### EXCERPTED DATA
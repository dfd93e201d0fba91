-- ===== src/Address/Compressed.antt =====
-- The short form of IPv6 addresses (src/address.cc).
use lt.Base.{
  ℕ, zero, suc, ◌≡◌, refl, sym, ap, ◌∙◌, Bool, true, false, not, ◌&&◌, List, [], ◌∷◌, ◌++◌, ◌==◌,
  if_false, arith, append_assoc, append_nil, contains, not-true,
}
use lt.Address.Lookup.{open_bracket, close_bracket, colon}
use lt.Address.Masks.{zeros}
use lt.Address.Text.{last, insert_loop, insert}

-- A nonzero first group, or none.
unfoldable pub starts_nonzero : List ℕ → Bool
starts_nonzero [] = true
starts_nonzero (g ∷ _) = not (g == 0)

last-zeros : (n : ℕ) → last (zeros (suc n)) ≡ 0
unfolding last zeros
last-zeros zero = refl
last-zeros (suc n) = last-zeros n

last-append : (g : ℕ) (xs ys : List ℕ) → last (xs ++ g ∷ ys) ≡ last (g ∷ ys)
unfolding last
last-append g [] ys = refl
last-append g (x ∷ []) ys = refl
last-append g (x ∷ y ∷ xs) ys = last-append g (y ∷ xs) ys

module _ (hex : ℕ → List ℕ) where
  -- Groups that follow others, each after a colon.
  pub rest : List ℕ → List ℕ
  rest [] = []
  rest (g ∷ gs) = colon ∷ (hex g ++ rest gs)

  -- Groups with colons between them.
  pub join : List ℕ → List ℕ
  unfolding rest
  join [] = []
  join (g ∷ gs) = hex g ++ rest gs

  -- Once the zeros are used, each group is written.
  loop_used : (p : ℕ) (gs : List ℕ) → insert_loop hex true p true gs ≡ (rest gs, true)
  unfolding insert_loop rest
  loop_used p [] = refl
  loop_used p (g ∷ gs) =
      if_false ((g == 0) && false) _ _ (ground arith)
      ∙ (if_false ((p == 0) && false) _ _ (ground arith)
          ∙ ap (λ (r : List ℕ × Bool). (colon ∷ (hex g ++ r.0), r.1)) (loop_used g gs))

  -- A first run of zeros is skipped.
  loop_zeros :
      (later : Bool) (p n : ℕ) (post : List ℕ)
      → insert_loop hex later p false (zeros (suc n) ++ post) ≡ insert_loop hex true 0 false post
  unfolding insert_loop zeros
  loop_zeros later p zero post = refl
  loop_zeros later p (suc n) post = loop_zeros true 0 n post

  -- Groups that are not zero are written, before the zeros.
  loop_front :
      (p : ℕ) (front after : List ℕ)
      → (p == 0) ≡ false
      → contains front 0 ≡ false
      → (q : ℕ) × ((q == 0) ≡ false)
        × (insert_loop hex true p false (front ++ after)
            ≡ (let (text, used) = insert_loop hex true q false after in (rest front ++ text, used)))
  unfolding insert_loop rest
  loop_front p [] after nz lacks = (p, nz, refl)
  loop_front p (g ∷ gs) after nz lacks =
      let (q, z, e) = loop_front g gs after (ground arith) (ground arith) in
      (
        q,
        z,
        if_false ((g == 0) && true) _ _ (ground arith)
            ∙ (if_false ((p == 0) && true) _ _ (ground arith)
                ∙ (ap (λ (r : List ℕ × Bool). (colon ∷ (hex g ++ r.0), r.1)) e
                    ∙ ap (λ xs. (colon ∷ xs, (insert_loop hex true q false after).1))
                        (sym (
                          append_assoc (hex g) (rest gs) (insert_loop hex true q false after).0)))),
      )

  -- After the zeros.
  loop_back :
      (g : ℕ) (gs : List ℕ)
      → (g == 0) ≡ false
      → insert_loop hex true 0 false (g ∷ gs) ≡ (colon ∷ rest (g ∷ gs), true)
  unfolding insert_loop rest
  loop_back g gs nz =
      if_false ((g == 0) && true) _ _ (ground arith)
      ∙ ap (λ (r : List ℕ × Bool). (colon ∷ (colon ∷ (hex g ++ r.0)), r.1)) (loop_used g gs)

  -- The loop, by what stands before the zeros.
  loop_start :
      (front : List ℕ) (n : ℕ) (post : List ℕ)
      → contains front 0 ≡ false
      → insert_loop hex false 0 false (front ++ (zeros (suc n) ++ post))
        ≡ (let (text, used) = insert_loop hex true 0 false post in (join front ++ text, used))
  unfolding insert_loop join
  loop_start [] n post lacks = loop_zeros false 0 n post
  loop_start (g ∷ gs) n post lacks =
      let (q, z, e) = loop_front g gs (zeros (suc n) ++ post) (ground arith) (ground arith) in
      let end = insert_loop hex true 0 false post in
      if_false ((g == 0) && true) _ _ (ground arith)
      ∙ (ap (λ (r : List ℕ × Bool). (hex g ++ r.0, r.1))
            (e ∙ ap (λ (r : List ℕ × Bool). (rest gs ++ r.0, r.1)) (loop_zeros true q n post))
          ∙ ap (λ xs. (xs, end.1)) (sym (append_assoc (hex g) (rest gs) end.0)))

  -- The text with the first run of zeros, which is not empty, written as `::`.
  pub short : (ℕ → List ℕ) → List ℕ → List ℕ → ℕ → List ℕ
  unfolding join
  short dec front post port =
      open_bracket
      ∷ (join front ++ (colon ∷ colon ∷ (join post ++ (close_bracket ∷ colon ∷ dec port))))

  -- `insert` writes the groups of an IPv6 address with the first run of zeros as `::`, wherever it
  -- stands, and all others, in brackets and with the port.
  pub insert-short :
      (dec : ℕ → List ℕ) (front post : List ℕ) (n port : ℕ)
      → contains front 0 ≡ false
      → starts_nonzero post ≡ true
      → insert hex dec (front ++ (zeros (suc n) ++ post)) port ≡ short dec front post port
  unfolding insert short starts_nonzero join insert_loop zeros
  insert-short dec front [] n port lacks one =
      let tail : List ℕ = close_bracket ∷ colon ∷ dec port in
      let ends : last (front ++ (zeros (suc n) ++ [])) ≡ 0 =
        last-append 0 front (zeros n ++ [])
        ∙ (ap last (append_nil (zeros (suc n))) ∙ last-zeros n) in
      rw (loop_start front n [] lacks, ends)
        (ap (λ xs. open_bracket ∷ (xs ++ (colon ∷ colon ∷ tail))) (append_nil (join front)))
  insert-short dec front (g ∷ gs) n port lacks one =
      let tail : List ℕ = close_bracket ∷ colon ∷ dec port in
      let text =
        loop_start front n (g ∷ gs) lacks
        ∙ ap (λ (x : List ℕ × Bool). (join front ++ x.0, x.1)) (loop_back g gs (not-true _ one)) in
      rw text (
        ap (◌∷◌ open_bracket) (append_assoc (join front) (colon ∷ colon ∷ (hex g ++ rest gs)) tail))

### EXERCISE
Beginning at the top of the records above, transcribe each line exactly up to and including the line that holds "loop_used p (g".

### SOLUTION BELOW
repository dfd93e201d0fba91
-- ===== src/Address/Compressed.antt =====
-- The short form of IPv6 addresses (src/address.cc).
use lt.Base.{
  ℕ, zero, suc, ◌≡◌, refl, sym, ap, ◌∙◌, Bool, true, false, not, ◌&&◌, List, [], ◌∷◌, ◌++◌, ◌==◌,
  if_false, arith, append_assoc, append_nil, contains, not-true,
}
use lt.Address.Lookup.{open_bracket, close_bracket, colon}
use lt.Address.Masks.{zeros}
use lt.Address.Text.{last, insert_loop, insert}

-- A nonzero first group, or none.
unfoldable pub starts_nonzero : List ℕ → Bool
starts_nonzero [] = true
starts_nonzero (g ∷ _) = not (g == 0)

last-zeros : (n : ℕ) → last (zeros (suc n)) ≡ 0
unfolding last zeros
last-zeros zero = refl
last-zeros (suc n) = last-zeros n

last-append : (g : ℕ) (xs ys : List ℕ) → last (xs ++ g ∷ ys) ≡ last (g ∷ ys)
unfolding last
last-append g [] ys = refl
last-append g (x ∷ []) ys = refl
last-append g (x ∷ y ∷ xs) ys = last-append g (y ∷ xs) ys

module _ (hex : ℕ → List ℕ) where
  -- Groups that follow others, each after a colon.
  pub rest : List ℕ → List ℕ
  rest [] = []
  rest (g ∷ gs) = colon ∷ (hex g ++ rest gs)

  -- Groups with colons between them.
  pub join : List ℕ → List ℕ
  unfolding rest
  join [] = []
  join (g ∷ gs) = hex g ++ rest gs

  -- Once the zeros are used, each group is written.
  loop_used : (p : ℕ) (gs : List ℕ) → insert_loop hex true p true gs ≡ (rest gs, true)
  unfolding insert_loop rest
  loop_used p [] = refl
  loop_used p (g ∷ gs) =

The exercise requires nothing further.